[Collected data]
◆ ◆ ◆ ◆
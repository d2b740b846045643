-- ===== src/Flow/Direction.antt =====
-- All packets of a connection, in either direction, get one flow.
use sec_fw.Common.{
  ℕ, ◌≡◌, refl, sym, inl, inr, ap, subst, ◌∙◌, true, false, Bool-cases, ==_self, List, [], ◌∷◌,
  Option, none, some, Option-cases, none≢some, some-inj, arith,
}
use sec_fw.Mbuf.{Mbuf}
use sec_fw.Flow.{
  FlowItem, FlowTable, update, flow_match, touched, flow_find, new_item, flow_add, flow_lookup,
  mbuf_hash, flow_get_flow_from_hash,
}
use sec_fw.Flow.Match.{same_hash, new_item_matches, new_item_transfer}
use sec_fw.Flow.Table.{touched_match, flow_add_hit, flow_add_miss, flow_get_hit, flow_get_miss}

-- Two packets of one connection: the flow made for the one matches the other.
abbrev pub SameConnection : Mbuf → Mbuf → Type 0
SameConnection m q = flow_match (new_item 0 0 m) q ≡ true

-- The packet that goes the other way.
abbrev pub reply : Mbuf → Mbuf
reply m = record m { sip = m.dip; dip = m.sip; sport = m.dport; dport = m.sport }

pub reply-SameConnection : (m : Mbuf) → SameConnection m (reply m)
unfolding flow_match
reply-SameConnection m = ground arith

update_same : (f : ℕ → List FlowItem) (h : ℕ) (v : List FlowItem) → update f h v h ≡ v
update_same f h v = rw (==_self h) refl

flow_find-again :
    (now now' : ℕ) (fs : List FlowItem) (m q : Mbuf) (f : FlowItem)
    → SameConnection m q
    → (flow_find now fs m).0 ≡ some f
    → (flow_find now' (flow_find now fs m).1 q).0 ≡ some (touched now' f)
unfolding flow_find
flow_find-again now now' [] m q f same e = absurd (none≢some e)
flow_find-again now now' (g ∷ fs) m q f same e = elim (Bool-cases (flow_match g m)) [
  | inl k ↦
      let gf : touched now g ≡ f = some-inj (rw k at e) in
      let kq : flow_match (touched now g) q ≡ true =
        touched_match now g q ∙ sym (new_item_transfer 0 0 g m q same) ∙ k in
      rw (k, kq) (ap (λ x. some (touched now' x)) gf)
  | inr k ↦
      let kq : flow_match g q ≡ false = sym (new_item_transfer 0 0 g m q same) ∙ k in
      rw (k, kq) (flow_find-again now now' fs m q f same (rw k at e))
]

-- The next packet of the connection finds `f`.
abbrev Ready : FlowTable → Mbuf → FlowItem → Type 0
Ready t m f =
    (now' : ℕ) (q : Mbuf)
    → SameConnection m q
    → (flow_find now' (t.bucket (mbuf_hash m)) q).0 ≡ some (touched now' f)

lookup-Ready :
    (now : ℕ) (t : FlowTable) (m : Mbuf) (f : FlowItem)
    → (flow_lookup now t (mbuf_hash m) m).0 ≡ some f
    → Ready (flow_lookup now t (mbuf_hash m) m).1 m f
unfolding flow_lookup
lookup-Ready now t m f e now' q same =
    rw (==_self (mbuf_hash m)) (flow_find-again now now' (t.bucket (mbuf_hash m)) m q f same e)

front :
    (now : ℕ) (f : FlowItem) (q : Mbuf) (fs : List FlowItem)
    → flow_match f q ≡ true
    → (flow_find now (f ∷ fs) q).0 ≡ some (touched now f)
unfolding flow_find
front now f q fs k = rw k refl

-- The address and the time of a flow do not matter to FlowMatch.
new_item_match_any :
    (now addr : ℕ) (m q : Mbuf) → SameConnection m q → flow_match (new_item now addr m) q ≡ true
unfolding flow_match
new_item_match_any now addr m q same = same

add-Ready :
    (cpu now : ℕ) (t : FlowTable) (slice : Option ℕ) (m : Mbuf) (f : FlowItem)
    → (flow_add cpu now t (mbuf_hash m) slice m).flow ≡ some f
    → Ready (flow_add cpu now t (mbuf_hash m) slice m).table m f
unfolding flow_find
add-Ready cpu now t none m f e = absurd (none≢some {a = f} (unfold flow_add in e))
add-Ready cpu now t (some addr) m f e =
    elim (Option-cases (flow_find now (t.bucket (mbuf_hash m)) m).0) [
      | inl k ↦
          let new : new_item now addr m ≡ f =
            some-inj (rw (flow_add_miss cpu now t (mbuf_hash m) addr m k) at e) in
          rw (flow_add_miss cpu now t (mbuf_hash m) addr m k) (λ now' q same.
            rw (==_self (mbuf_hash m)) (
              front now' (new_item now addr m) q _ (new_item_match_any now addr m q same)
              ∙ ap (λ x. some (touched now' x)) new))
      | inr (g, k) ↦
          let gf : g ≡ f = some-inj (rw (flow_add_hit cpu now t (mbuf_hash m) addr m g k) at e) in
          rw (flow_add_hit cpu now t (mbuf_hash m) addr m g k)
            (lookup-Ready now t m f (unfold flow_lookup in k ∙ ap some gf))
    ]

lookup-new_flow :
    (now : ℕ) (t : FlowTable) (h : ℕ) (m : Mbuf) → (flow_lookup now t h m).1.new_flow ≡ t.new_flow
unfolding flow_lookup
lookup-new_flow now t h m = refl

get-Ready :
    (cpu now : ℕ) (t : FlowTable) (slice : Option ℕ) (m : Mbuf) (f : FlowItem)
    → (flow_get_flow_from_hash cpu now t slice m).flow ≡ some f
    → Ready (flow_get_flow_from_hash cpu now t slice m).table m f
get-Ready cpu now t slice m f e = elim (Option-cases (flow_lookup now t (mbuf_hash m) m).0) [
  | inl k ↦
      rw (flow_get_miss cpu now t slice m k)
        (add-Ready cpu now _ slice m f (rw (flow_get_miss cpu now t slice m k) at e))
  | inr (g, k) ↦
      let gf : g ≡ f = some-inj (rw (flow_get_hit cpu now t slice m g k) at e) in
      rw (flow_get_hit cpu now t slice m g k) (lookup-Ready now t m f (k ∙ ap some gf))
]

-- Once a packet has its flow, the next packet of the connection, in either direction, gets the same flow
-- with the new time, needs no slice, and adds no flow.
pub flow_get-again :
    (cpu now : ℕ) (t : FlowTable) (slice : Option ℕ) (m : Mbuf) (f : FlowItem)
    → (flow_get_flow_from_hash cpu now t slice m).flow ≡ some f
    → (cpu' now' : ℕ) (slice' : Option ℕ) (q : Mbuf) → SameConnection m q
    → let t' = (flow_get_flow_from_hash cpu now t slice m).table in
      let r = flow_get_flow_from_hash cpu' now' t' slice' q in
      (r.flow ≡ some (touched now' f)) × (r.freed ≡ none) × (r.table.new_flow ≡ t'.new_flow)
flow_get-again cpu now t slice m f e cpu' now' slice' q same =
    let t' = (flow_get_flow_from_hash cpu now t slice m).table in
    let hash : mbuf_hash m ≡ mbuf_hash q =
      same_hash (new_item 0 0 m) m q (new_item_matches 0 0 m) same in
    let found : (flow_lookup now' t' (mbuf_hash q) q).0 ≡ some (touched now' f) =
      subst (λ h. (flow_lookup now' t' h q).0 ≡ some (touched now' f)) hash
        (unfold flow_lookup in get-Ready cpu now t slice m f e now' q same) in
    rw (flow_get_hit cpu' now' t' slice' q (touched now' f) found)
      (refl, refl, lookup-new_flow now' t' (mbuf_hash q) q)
◆ ◆ ◆ ◆
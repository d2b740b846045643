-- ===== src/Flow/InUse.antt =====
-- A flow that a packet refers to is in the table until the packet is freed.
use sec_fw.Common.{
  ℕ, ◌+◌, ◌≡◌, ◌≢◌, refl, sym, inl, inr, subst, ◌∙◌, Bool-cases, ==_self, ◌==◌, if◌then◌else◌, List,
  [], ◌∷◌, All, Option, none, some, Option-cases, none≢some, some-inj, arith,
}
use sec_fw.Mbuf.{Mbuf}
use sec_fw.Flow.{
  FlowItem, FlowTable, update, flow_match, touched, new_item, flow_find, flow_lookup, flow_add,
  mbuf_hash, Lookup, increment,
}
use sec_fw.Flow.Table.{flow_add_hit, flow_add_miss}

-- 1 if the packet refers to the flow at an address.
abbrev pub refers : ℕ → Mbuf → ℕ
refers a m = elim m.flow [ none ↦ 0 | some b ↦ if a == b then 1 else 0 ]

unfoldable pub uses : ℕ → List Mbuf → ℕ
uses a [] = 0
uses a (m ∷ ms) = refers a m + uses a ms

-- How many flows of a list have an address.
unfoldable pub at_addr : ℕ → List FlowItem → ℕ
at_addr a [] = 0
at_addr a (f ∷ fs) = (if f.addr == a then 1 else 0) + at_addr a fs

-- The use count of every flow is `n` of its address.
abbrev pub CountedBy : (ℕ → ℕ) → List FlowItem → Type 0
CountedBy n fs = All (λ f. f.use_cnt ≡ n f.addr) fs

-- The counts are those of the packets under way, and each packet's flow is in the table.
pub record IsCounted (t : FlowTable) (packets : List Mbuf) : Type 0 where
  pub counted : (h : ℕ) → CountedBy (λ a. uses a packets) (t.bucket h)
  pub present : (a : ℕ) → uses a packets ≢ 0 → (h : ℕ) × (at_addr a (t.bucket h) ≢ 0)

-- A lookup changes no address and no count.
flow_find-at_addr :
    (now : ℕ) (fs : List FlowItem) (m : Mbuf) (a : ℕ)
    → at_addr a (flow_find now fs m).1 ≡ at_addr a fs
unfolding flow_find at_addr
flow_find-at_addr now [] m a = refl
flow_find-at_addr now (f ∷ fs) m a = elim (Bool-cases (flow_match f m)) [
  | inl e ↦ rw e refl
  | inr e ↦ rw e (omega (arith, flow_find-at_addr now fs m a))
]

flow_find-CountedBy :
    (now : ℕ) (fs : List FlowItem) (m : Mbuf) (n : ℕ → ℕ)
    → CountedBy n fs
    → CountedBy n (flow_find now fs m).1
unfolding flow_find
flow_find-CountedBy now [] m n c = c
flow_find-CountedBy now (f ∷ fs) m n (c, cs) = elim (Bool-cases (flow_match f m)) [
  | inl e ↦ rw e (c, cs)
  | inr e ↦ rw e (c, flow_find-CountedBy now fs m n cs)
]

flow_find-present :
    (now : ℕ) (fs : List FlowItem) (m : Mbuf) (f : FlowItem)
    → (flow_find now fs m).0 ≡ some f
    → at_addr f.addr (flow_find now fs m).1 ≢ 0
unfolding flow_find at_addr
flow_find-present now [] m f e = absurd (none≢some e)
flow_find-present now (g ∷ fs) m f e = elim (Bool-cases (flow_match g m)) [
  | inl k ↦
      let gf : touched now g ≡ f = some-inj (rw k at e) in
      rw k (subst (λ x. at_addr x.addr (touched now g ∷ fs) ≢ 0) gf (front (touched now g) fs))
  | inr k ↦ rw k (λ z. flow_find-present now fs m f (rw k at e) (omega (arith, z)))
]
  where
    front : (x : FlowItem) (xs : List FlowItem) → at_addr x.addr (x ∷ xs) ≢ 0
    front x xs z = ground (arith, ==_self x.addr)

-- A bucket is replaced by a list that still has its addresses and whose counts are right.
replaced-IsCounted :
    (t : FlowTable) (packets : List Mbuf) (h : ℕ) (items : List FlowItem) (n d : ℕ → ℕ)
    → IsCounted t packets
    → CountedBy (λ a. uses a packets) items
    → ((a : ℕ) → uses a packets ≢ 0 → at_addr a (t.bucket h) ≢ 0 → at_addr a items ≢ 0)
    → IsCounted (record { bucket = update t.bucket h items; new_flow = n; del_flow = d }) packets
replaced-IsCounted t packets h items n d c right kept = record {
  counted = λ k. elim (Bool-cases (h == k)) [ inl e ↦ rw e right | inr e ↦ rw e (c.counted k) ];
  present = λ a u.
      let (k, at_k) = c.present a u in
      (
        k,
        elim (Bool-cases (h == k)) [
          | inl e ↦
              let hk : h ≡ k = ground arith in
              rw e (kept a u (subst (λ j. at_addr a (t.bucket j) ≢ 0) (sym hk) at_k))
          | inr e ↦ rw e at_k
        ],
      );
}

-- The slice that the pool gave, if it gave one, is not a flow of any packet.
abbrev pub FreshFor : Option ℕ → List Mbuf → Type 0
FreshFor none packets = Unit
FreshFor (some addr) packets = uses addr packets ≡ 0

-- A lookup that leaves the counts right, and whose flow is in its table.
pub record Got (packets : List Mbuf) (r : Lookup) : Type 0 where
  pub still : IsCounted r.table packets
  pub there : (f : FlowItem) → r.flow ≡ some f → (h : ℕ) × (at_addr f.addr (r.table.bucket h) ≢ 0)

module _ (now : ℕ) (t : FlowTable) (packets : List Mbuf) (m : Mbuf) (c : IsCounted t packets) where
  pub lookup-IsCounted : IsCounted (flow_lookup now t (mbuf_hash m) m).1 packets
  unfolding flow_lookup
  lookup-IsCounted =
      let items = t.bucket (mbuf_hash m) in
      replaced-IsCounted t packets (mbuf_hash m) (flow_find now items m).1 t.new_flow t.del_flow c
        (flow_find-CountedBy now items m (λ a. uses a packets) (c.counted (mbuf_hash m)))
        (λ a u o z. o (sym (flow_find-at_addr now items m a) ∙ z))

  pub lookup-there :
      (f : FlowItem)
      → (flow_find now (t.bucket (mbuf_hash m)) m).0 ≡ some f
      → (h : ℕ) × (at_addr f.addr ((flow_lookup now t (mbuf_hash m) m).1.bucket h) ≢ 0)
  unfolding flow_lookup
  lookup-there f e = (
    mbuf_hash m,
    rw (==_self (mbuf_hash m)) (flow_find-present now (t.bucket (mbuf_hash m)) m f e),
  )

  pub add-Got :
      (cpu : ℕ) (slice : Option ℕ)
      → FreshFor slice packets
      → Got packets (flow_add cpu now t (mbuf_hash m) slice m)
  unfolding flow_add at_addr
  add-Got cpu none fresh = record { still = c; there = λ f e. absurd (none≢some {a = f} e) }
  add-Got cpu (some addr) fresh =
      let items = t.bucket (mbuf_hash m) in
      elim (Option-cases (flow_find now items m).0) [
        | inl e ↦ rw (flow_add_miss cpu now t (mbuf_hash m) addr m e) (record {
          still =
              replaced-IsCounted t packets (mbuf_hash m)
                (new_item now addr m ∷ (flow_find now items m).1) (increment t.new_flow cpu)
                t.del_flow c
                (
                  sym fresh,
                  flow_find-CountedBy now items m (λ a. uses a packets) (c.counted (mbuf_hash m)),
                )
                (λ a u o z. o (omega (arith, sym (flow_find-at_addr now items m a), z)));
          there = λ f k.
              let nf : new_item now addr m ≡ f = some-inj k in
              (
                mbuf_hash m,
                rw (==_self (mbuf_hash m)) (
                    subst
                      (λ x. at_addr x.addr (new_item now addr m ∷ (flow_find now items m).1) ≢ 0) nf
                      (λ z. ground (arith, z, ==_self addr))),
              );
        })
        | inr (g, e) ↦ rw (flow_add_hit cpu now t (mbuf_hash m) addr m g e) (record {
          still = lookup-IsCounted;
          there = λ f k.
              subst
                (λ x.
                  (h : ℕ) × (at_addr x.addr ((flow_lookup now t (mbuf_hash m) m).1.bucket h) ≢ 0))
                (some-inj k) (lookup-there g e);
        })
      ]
◆ ◆ ◆ ◆
▸ **EXERCISE DESCRIPTION**
From the records above, pull out each line that has "else".

▸ **SOLUTION BELOW**
  ℕ, ◌+◌, ◌≡◌, ◌≢◌, refl, sym, inl, inr, subst, ◌∙◌, Bool-cases, ==_self, ◌==◌, if◌then◌else◌, List,
refers a m = elim m.flow [ none ↦ 0 | some b ↦ if a == b then 1 else 0 ]
at_addr a (f ∷ fs) = (if f.addr == a then 1 else 0) + at_addr a fs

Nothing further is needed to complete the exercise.